[[ Records for the task, beginning ]]

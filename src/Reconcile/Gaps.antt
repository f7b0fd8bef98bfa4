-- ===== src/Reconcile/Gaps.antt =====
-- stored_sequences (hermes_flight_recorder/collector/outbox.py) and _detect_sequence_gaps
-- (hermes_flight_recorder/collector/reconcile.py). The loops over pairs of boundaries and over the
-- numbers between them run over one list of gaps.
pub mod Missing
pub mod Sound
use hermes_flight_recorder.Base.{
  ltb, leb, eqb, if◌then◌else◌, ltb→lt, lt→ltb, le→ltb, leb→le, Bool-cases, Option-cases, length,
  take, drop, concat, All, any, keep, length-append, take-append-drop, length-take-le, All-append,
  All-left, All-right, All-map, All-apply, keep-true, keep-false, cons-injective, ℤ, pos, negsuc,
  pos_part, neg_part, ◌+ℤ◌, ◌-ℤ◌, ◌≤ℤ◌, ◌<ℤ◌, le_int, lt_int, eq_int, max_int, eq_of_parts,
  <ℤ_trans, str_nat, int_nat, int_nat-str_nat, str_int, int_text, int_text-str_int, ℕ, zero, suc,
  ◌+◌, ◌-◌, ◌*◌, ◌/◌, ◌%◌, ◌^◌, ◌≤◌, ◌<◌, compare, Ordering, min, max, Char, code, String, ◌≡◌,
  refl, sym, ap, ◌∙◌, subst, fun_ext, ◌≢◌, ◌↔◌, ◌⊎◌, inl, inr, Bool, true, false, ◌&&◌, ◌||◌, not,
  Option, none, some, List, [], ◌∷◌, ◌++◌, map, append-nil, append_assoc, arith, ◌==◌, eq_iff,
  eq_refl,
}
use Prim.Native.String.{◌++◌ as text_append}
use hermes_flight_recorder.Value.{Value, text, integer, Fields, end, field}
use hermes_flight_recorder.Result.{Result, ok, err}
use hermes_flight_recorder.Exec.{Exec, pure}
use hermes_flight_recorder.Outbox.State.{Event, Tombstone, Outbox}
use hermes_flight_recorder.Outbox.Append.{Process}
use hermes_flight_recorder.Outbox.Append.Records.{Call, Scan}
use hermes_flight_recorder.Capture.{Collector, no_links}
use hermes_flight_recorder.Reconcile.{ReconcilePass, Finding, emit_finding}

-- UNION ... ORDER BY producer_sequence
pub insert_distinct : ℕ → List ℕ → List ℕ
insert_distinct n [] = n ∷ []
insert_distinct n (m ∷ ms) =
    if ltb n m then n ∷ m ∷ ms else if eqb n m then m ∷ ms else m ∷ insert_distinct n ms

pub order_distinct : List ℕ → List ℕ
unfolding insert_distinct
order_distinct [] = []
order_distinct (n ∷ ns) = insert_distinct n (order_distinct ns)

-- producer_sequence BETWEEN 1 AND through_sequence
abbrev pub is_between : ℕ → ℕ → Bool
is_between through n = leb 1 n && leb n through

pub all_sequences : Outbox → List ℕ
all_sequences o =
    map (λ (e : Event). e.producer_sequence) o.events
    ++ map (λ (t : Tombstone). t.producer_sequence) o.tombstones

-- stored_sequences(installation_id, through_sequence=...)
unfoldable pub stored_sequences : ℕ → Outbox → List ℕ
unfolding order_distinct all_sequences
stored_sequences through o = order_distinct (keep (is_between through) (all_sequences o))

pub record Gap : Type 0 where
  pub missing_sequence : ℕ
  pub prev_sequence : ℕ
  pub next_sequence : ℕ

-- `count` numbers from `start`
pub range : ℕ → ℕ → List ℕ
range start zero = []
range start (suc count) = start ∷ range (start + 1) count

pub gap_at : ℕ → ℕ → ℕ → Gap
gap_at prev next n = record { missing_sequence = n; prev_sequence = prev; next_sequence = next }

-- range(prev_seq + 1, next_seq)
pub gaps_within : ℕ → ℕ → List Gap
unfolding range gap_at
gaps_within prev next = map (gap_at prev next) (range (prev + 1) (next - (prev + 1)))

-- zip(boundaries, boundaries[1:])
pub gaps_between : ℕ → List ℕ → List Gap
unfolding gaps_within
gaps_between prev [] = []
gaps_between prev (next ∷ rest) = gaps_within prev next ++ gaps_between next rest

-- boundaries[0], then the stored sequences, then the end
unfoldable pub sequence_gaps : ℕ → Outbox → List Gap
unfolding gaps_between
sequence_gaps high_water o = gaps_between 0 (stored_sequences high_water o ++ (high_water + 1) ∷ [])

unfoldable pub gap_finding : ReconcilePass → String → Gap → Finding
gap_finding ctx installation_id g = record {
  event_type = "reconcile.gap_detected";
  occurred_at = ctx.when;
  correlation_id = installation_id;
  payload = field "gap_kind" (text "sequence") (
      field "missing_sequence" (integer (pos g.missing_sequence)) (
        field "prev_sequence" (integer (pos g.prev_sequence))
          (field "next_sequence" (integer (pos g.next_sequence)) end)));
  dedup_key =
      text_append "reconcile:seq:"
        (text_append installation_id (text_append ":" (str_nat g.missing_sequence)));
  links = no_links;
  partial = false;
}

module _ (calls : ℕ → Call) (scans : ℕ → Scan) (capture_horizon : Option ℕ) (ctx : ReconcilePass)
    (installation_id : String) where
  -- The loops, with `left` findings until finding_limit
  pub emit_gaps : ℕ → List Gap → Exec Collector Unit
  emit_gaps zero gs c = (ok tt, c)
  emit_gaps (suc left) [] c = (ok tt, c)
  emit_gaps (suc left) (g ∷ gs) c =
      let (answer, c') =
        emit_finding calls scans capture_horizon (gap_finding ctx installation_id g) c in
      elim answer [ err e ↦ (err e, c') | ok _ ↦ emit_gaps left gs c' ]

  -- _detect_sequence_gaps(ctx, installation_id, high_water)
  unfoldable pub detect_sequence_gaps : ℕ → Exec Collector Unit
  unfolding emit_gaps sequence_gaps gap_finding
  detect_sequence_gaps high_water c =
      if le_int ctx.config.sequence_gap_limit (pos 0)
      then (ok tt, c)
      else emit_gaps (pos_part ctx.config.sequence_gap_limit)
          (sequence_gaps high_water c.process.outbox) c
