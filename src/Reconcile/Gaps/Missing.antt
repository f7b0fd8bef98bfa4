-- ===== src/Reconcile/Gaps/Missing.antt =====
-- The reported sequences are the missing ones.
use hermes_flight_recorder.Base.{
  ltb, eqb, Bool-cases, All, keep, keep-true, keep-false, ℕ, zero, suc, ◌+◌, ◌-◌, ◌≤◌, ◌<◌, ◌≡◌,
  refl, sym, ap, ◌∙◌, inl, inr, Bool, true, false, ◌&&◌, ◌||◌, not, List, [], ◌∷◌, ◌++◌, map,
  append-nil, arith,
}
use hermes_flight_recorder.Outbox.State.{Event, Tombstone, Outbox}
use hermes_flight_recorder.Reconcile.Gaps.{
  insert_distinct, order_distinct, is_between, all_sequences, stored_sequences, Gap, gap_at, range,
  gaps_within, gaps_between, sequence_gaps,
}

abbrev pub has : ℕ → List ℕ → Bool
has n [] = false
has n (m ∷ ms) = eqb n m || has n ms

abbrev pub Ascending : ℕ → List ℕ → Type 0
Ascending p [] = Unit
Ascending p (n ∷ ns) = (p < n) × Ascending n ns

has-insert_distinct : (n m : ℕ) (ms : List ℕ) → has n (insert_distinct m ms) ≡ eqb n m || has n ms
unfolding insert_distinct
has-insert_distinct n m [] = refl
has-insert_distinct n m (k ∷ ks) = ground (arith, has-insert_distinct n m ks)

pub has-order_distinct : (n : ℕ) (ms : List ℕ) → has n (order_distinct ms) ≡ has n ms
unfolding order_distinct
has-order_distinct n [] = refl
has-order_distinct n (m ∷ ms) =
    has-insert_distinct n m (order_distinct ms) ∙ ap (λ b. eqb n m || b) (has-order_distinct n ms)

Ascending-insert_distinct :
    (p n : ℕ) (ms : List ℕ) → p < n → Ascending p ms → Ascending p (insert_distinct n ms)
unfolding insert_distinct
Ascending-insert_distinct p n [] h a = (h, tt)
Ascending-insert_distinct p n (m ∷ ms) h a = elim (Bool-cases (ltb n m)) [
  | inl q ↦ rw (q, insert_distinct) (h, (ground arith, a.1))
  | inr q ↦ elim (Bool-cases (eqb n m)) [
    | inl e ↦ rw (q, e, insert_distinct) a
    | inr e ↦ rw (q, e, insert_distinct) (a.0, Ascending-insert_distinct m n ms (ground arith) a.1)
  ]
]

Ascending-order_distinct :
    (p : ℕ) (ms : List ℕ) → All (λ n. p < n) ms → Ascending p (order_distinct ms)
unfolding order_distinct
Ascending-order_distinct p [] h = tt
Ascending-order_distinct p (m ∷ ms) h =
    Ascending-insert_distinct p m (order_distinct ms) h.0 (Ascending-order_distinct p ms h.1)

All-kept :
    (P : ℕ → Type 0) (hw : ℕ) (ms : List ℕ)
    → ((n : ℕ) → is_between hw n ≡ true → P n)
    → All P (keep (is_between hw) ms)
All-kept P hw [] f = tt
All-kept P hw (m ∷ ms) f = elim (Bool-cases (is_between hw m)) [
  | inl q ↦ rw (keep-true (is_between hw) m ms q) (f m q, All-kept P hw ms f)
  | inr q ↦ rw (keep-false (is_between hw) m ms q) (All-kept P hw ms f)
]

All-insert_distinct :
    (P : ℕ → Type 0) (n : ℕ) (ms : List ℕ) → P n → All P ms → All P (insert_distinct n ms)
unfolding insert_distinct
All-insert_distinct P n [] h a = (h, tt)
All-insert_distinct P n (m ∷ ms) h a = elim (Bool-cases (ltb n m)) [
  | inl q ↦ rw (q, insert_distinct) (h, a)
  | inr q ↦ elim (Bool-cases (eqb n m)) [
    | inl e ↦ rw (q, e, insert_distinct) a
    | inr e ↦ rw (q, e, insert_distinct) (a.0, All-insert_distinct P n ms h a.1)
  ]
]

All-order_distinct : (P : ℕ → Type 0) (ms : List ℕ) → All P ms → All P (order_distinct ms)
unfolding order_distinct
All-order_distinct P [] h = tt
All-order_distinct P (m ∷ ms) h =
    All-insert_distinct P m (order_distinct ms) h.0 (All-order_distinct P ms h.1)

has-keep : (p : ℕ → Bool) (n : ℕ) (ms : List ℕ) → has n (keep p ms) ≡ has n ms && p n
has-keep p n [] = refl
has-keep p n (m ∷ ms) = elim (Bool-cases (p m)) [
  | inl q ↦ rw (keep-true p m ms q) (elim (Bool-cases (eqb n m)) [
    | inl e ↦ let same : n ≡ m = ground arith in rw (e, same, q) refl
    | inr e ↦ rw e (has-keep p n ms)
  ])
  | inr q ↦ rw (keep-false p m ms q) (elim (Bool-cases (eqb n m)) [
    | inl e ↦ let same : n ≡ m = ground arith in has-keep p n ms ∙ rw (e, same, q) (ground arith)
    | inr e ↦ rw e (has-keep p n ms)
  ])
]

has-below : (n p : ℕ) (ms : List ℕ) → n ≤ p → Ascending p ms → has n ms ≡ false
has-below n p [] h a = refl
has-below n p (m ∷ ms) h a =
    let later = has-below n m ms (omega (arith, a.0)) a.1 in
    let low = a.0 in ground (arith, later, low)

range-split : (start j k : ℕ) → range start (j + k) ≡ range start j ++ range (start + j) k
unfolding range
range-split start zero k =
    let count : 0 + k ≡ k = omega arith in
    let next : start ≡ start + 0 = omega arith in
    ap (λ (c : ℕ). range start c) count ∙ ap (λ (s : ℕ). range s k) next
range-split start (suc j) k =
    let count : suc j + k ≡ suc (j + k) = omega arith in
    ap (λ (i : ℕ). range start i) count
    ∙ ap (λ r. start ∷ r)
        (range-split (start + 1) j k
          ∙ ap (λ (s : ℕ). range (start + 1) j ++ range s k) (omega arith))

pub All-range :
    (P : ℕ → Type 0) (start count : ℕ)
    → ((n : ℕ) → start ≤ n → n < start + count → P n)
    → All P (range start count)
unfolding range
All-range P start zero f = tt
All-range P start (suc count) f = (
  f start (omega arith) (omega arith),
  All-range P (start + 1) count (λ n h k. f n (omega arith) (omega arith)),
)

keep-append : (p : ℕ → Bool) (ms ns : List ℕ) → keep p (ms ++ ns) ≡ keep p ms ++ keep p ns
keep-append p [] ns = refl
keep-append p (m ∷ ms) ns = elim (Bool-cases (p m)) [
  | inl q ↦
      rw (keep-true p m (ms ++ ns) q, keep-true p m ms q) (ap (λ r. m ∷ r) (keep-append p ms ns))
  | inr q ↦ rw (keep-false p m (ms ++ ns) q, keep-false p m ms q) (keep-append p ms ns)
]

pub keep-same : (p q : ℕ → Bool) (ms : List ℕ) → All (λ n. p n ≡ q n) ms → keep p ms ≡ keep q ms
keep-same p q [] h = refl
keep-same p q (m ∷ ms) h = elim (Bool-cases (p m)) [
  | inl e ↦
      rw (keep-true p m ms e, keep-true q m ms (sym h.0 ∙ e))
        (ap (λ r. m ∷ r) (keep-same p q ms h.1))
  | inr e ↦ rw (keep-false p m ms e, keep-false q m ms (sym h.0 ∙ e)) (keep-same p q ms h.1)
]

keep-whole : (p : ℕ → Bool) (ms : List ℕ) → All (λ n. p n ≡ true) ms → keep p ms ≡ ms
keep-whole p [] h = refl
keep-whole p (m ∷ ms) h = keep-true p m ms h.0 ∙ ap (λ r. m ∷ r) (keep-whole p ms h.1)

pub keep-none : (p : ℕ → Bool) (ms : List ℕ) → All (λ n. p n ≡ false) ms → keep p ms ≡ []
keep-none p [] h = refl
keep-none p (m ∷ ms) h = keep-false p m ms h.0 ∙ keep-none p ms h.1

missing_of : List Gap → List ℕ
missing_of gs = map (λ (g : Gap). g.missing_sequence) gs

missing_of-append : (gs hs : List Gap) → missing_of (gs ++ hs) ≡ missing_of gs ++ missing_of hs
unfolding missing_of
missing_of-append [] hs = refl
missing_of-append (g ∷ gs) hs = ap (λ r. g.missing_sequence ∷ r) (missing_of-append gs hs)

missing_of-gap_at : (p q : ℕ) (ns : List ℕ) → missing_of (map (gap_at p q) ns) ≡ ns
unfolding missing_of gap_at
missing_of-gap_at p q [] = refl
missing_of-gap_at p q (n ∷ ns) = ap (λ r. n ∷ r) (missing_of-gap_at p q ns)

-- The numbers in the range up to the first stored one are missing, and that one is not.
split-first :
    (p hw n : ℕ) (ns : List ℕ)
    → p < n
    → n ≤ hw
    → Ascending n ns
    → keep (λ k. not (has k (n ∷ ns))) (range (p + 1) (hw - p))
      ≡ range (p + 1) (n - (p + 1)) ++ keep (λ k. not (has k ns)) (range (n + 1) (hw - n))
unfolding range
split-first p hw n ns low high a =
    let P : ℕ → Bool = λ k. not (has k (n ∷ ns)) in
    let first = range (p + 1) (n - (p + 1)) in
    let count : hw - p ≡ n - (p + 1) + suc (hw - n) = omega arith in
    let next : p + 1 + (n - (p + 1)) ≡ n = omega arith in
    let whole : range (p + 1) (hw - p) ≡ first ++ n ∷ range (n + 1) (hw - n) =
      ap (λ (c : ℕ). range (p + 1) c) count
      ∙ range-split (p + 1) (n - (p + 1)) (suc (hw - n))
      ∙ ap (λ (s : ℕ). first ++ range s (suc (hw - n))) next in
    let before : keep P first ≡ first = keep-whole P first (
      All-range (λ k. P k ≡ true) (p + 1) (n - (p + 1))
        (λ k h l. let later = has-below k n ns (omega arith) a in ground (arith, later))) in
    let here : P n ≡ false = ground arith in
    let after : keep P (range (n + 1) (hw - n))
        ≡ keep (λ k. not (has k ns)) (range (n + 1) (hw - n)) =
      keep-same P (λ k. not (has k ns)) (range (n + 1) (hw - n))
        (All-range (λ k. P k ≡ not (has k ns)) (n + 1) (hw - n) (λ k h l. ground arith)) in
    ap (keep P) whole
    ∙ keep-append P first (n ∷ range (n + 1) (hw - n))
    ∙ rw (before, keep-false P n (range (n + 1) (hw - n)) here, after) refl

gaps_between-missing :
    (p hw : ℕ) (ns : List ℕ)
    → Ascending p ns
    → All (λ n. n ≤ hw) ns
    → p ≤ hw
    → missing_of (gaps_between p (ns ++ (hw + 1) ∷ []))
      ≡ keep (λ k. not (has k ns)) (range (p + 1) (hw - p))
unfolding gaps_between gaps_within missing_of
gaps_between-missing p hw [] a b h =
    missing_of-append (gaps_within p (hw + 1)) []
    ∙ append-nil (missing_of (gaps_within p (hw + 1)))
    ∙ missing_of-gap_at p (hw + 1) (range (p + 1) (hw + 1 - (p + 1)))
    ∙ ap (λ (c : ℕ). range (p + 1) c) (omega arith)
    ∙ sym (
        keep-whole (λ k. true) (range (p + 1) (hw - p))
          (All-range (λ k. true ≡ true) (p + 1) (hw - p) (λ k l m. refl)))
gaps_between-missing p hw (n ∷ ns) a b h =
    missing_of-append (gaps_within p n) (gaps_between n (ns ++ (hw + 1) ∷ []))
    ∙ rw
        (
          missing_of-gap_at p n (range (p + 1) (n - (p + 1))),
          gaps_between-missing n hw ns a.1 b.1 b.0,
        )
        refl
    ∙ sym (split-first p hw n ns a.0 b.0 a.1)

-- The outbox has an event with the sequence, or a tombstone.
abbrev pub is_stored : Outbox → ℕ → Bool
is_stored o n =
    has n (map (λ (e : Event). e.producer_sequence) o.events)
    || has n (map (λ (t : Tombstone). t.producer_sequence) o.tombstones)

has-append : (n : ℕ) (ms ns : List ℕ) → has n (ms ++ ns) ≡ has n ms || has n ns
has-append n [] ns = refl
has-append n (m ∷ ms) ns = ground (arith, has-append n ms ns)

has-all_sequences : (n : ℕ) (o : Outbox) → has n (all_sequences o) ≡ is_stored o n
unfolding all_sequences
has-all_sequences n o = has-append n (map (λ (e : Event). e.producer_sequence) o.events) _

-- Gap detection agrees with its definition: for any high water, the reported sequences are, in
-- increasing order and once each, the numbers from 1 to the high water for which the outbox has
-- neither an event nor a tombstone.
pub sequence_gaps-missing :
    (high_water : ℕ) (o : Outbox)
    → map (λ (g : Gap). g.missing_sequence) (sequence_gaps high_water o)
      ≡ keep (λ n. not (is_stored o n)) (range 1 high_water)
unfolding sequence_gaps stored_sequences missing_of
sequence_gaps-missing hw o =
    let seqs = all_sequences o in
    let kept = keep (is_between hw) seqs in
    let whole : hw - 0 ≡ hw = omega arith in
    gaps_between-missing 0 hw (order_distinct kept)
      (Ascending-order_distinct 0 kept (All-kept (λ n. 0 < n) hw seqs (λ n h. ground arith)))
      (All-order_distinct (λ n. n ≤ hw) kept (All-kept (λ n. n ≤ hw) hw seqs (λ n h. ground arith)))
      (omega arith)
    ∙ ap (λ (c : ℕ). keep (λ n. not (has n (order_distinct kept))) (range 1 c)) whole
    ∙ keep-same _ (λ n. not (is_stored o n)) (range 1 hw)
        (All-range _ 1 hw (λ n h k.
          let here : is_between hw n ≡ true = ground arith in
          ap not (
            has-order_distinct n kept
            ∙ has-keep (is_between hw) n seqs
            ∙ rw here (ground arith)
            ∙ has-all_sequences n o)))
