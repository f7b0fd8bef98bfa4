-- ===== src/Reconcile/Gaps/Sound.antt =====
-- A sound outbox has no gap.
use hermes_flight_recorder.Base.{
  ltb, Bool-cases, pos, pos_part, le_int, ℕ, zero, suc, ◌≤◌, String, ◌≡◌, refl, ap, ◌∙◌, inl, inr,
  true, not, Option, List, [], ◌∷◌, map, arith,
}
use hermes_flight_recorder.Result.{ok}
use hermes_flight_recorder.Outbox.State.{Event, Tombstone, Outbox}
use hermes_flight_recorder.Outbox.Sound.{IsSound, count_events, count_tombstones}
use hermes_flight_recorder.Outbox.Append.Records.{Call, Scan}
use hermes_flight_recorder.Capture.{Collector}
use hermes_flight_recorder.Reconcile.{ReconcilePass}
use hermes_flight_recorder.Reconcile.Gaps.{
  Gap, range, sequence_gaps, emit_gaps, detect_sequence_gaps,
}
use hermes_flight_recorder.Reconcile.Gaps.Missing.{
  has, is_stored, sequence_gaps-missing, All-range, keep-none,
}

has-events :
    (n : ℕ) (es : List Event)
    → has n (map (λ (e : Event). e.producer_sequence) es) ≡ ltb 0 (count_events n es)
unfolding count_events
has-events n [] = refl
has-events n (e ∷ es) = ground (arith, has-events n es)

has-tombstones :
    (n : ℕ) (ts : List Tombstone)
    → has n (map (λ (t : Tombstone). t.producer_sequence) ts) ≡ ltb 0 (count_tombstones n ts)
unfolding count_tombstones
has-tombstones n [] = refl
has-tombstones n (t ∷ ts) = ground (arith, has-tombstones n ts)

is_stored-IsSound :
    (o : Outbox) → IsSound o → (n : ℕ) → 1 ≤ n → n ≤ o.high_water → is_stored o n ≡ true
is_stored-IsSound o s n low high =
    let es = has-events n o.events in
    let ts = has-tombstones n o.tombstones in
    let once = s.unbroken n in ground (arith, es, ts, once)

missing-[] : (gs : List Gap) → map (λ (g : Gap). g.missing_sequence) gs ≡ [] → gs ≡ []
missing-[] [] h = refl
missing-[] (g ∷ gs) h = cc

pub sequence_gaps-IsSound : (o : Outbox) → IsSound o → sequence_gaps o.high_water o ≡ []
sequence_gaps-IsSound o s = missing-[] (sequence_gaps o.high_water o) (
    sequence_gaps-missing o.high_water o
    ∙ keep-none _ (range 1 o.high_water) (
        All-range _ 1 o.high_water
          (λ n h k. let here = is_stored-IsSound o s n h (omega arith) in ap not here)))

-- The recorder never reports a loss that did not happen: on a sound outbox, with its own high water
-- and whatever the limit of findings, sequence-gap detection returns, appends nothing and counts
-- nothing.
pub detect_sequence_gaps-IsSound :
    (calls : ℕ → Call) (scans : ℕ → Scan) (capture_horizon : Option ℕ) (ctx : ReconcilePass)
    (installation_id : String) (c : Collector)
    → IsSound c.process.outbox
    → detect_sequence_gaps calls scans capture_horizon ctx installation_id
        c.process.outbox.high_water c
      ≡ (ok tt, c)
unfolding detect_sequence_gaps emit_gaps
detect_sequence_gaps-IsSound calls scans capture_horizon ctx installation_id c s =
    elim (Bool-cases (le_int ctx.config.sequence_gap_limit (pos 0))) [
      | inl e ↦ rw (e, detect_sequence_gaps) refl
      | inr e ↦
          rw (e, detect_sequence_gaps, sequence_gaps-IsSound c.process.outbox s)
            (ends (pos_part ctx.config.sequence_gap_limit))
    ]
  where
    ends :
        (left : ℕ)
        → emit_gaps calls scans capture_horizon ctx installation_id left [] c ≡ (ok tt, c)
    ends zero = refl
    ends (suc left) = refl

[[ Records for the task, end ]]

» **What you should do**
The answer must be every line of the records that contains the word "Exec".

» **Exercise solution**
use hermes_flight_recorder.Exec.{Exec, pure}
  pub emit_gaps : ℕ → List Gap → Exec Collector Unit
  unfoldable pub detect_sequence_gaps : ℕ → Exec Collector Unit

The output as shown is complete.